WHAT YOU SHOULD DO:
The data below holds a line containing "abbrev pub is_epic_of" and a line containing "validate_exact_references step_id g.steps"; please quote exactly those two lines and every line between them, and nothing else.
-------- RECORD EXCERPTS
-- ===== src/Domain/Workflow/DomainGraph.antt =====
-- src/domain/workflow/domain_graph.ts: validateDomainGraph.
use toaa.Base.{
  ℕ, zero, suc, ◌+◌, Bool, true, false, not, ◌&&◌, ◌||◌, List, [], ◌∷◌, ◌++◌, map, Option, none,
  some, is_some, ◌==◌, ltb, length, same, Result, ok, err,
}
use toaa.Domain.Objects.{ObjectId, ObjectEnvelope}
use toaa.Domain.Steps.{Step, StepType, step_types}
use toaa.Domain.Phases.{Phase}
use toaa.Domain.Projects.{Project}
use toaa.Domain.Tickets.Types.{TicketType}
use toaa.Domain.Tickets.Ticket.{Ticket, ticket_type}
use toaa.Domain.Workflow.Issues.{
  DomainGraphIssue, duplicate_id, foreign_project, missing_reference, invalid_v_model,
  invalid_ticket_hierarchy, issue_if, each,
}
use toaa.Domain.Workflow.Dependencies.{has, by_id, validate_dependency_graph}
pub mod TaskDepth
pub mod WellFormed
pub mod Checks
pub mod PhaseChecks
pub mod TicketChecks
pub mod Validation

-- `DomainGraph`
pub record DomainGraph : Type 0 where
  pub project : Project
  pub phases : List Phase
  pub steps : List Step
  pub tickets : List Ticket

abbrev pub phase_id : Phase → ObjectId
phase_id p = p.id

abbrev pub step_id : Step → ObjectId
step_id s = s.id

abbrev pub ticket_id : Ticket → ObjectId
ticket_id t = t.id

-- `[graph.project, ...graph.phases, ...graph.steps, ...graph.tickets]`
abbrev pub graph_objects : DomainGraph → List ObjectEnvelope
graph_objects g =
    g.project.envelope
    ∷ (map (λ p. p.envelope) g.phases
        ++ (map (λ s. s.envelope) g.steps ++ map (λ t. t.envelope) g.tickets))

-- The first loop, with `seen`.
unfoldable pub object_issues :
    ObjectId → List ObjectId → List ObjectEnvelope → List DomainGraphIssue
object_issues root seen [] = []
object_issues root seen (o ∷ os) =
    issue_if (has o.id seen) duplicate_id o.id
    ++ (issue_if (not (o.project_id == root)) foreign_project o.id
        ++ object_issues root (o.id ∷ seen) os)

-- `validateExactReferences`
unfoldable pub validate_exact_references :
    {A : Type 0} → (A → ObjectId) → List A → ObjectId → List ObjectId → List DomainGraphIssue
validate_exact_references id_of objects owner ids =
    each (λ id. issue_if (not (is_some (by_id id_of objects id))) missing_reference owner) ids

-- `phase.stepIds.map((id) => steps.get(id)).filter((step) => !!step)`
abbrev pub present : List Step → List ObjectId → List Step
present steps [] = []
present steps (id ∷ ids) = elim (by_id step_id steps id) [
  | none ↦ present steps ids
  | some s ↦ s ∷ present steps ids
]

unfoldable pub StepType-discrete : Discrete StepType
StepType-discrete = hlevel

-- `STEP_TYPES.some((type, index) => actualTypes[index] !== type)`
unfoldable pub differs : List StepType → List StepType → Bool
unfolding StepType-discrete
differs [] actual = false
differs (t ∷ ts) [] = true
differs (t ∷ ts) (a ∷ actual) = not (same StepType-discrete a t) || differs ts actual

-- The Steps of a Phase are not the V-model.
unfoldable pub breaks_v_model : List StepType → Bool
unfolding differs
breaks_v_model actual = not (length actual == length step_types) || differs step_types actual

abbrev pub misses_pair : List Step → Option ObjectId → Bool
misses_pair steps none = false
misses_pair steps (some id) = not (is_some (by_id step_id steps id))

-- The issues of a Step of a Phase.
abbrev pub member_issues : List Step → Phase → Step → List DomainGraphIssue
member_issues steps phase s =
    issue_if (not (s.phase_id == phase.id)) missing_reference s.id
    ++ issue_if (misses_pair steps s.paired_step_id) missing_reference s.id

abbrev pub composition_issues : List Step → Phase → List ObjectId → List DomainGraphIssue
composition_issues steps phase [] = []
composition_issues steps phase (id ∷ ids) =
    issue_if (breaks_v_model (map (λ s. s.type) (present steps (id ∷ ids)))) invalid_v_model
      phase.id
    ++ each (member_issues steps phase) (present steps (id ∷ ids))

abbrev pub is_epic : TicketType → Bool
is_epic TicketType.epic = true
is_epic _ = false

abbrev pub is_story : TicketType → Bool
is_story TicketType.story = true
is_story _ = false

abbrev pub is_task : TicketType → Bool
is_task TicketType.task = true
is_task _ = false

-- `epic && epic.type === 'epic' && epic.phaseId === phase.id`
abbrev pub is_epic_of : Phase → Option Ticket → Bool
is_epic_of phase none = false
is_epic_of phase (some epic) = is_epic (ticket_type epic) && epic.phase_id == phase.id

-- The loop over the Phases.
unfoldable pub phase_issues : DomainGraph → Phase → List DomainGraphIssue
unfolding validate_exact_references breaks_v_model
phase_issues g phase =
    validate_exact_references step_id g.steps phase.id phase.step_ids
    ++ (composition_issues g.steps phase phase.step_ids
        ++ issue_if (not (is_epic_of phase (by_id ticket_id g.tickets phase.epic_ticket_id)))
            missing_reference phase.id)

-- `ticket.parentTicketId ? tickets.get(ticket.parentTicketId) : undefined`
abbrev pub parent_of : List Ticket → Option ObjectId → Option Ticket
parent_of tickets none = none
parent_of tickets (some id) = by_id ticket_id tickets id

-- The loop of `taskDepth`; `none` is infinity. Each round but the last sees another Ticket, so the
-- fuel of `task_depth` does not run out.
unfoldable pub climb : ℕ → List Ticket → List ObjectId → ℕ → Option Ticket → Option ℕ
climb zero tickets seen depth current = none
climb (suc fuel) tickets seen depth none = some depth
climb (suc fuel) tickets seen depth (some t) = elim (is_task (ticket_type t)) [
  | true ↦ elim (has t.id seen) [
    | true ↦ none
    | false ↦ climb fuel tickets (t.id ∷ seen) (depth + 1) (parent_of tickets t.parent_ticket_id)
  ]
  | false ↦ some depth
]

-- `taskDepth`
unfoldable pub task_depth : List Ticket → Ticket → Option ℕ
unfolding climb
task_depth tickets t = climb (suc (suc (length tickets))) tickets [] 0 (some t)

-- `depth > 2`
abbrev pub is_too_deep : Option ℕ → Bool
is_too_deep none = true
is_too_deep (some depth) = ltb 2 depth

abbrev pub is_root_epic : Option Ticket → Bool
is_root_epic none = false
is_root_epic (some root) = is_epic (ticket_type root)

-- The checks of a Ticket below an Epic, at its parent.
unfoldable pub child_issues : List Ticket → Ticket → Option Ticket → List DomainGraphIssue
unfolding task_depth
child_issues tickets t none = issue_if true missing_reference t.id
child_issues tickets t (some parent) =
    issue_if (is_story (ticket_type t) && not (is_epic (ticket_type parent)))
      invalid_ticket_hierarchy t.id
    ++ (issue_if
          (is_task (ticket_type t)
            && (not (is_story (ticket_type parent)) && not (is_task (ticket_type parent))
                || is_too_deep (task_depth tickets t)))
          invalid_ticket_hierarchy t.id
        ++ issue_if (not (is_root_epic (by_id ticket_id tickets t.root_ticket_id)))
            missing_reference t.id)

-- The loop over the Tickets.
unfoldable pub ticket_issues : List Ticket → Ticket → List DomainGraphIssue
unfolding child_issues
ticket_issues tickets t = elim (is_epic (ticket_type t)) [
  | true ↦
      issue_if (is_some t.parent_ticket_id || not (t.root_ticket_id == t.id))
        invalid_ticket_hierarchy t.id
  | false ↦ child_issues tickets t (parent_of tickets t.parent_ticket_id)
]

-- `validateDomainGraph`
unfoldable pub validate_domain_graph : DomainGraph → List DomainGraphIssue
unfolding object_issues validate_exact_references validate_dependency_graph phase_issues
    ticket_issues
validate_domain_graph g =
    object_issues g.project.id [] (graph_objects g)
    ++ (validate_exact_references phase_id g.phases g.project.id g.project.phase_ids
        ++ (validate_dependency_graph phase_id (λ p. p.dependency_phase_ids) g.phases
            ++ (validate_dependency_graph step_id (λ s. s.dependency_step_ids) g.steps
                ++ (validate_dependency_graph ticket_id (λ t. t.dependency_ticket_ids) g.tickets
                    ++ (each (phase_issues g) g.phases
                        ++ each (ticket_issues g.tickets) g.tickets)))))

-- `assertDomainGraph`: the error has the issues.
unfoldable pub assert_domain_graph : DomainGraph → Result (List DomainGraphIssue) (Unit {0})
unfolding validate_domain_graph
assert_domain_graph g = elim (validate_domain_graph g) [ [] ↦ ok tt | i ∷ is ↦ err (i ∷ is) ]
----------------
EXPECTED OUTPUT:
abbrev pub is_epic_of : Phase → Option Ticket → Bool
is_epic_of phase none = false
is_epic_of phase (some epic) = is_epic (ticket_type epic) && epic.phase_id == phase.id

-- The loop over the Phases.
unfoldable pub phase_issues : DomainGraph → Phase → List DomainGraphIssue
unfolding validate_exact_references breaks_v_model
phase_issues g phase =
    validate_exact_references step_id g.steps phase.id phase.step_ids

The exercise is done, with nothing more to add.